Upgrade CentOS 7 to 8 Webmin Server

Over all I think Virtualmin is doing well on CentOS 8. But easy for me to say since I usually start from scratch, not to mention I’m not responsible for anyone’s email but my own. For a production situation definitely follow the migration advice you’re getting. My only advice is to consider your comfort zone before upgrading. CentOS 7 may be showing its age but I doubt you’ll see a lot of difference with CentOS 8 in quality of service. I read that Red Hat tried to make the transition from RHEL 7 to 8 less traumatic than 6 to 7 turned out.

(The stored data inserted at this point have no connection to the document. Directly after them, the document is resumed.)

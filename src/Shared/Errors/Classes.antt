-- ===== src/Shared/Errors/Classes.antt =====
-- packages/shared/src/errors/index.ts: the classes of errors, each with the code that it has unless
-- another one is given, and `wrapError`. Details and stack traces are left out.
use zk_dpp_royalty_protocol.Common.{ℕ, String, Option, none, some, truthy, or_else, if◌then◌else◌}
use zk_dpp_royalty_protocol.Predicates.{◌⧺◌}
use zk_dpp_royalty_protocol.Shared.Errors.{
  ZkDppError, get_http_status_from_code, authentication_required, authorization_failed,
}

-- An instance of `ZkDppError` or of a subclass, with the name of its class.
pub record NamedError : Type 0 where
  pub name : String
  pub error : ZkDppError

-- `statusCode`
abbrev pub status_code : NamedError → ℕ
status_code e = get_http_status_from_code e.error.code

abbrev pub named : (name code message : String) → NamedError
named name code message = record { name = name; error = record { code = code; message = message } }

abbrev pub validation_error : (message : String) → NamedError
validation_error message = named "ValidationError" "ZKDPP-VAL-100" message

abbrev pub authentication_error : (message code : Option String) → NamedError
authentication_error message code =
    named "AuthenticationError" (or_else code authentication_required)
      (or_else message "Authentication required")

abbrev pub authorization_error : (message code : Option String) → NamedError
authorization_error message code =
    named "AuthorizationError" (or_else code authorization_failed) (or_else message "Access denied")

abbrev not_found_message : String → Option String → String
not_found_message resource none = resource ⧺ " not found"
not_found_message resource (some identifier) =
    if truthy identifier then resource ⧺ " not found: " ⧺ identifier else resource ⧺ " not found"

abbrev pub not_found_error : (resource : String) (identifier code : Option String) → NamedError
not_found_error resource identifier code =
    named "NotFoundError" (or_else code "ZKDPP-NF-400") (not_found_message resource identifier)

abbrev pub proof_verification_error : (message : String) (code : Option String) → NamedError
proof_verification_error message code =
    named "ProofVerificationError" (or_else code "ZKDPP-PROOF-500") message

abbrev pub database_error : (message : String) (code : Option String) → NamedError
database_error message code = named "DatabaseError" (or_else code "ZKDPP-DB-600") message

abbrev pub event_bus_error : (message : String) (code : Option String) → NamedError
event_bus_error message code = named "EventBusError" (or_else code "ZKDPP-EB-700") message

abbrev pub rate_limit_error : (message : Option String) → NamedError
rate_limit_error message =
    named "RateLimitError" "ZKDPP-RL-800" (or_else message "Rate limit exceeded")

abbrev pub internal_error : (message code : Option String) → NamedError
internal_error message code =
    named "InternalError" (or_else code "ZKDPP-INT-900") (or_else message "Internal server error")

-- What a `catch` may get: an error of these classes, another `Error` with its message, or anything.
pub data Caught : Type 0 where
  ours : NamedError → Caught
  plain : (message : String) → Caught
  anything : Caught

unfoldable pub wrap_error : Caught → NamedError
wrap_error (ours e) = e
wrap_error (plain message) = internal_error (some message) (some "ZKDPP-INT-900")
wrap_error anything = internal_error (some "An unexpected error occurred") none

Me and CentOS go way back but I’m new to Webmin/Virtualmin and I’m mostly trial running. My first CentOS 8 installation had a lot of problems. For my second attempt the following post was very informative, particularly in regard to suexec, and especially how to avert a few common problems.

With CentOS 8 you’re likely to run into obstacles that evolve into delays that wouldn’t occur on a refined distro like CentOS 7. For example, because of some Red Hat bureaucracy, installing something as innocuous as whois on CentOS 8 involved extra time and effort when normally it comes straight from the EPEL repo using ‘yum install whois’. Here’s the lowdown on that:

https://forums.centos.org/viewtopic.php?f=54&p=313836

Webmin offers a way to install packages but I installed whois this way (install both packages):

dnf install https://archive.fedoraproject.org/pub/archive/epel/8.1/Everything/x86_64/Packages/w/whois-nls-5.5.1-1.el8.noarch.rpm

dnf install https://archive.fedoraproject.org/pub/archive/epel/8.1/Everything/x86_64/Packages/w/whois-5.5.1-1.el8.x86_64.rpm

I’m seeing other unusual issues with package installations that I’m still learning about. For instance, with CentOS 8 I’m noticing more source src.rpm packages in addition to binary rpm packages, and certain source packages don’t seem to build correctly or are incomplete in some way. One example I experienced is the Redis 5 package from the AppSream repo, which ultimately worked out but only because of manual intervention that was never necessary on CentOS 7.

There were other installation headaches that I’ll probably bring up in separate posts. So far everything came out in the wash and Webmin/Virtualmin seems happy on CentOS 8.

Hope this offers some perspective.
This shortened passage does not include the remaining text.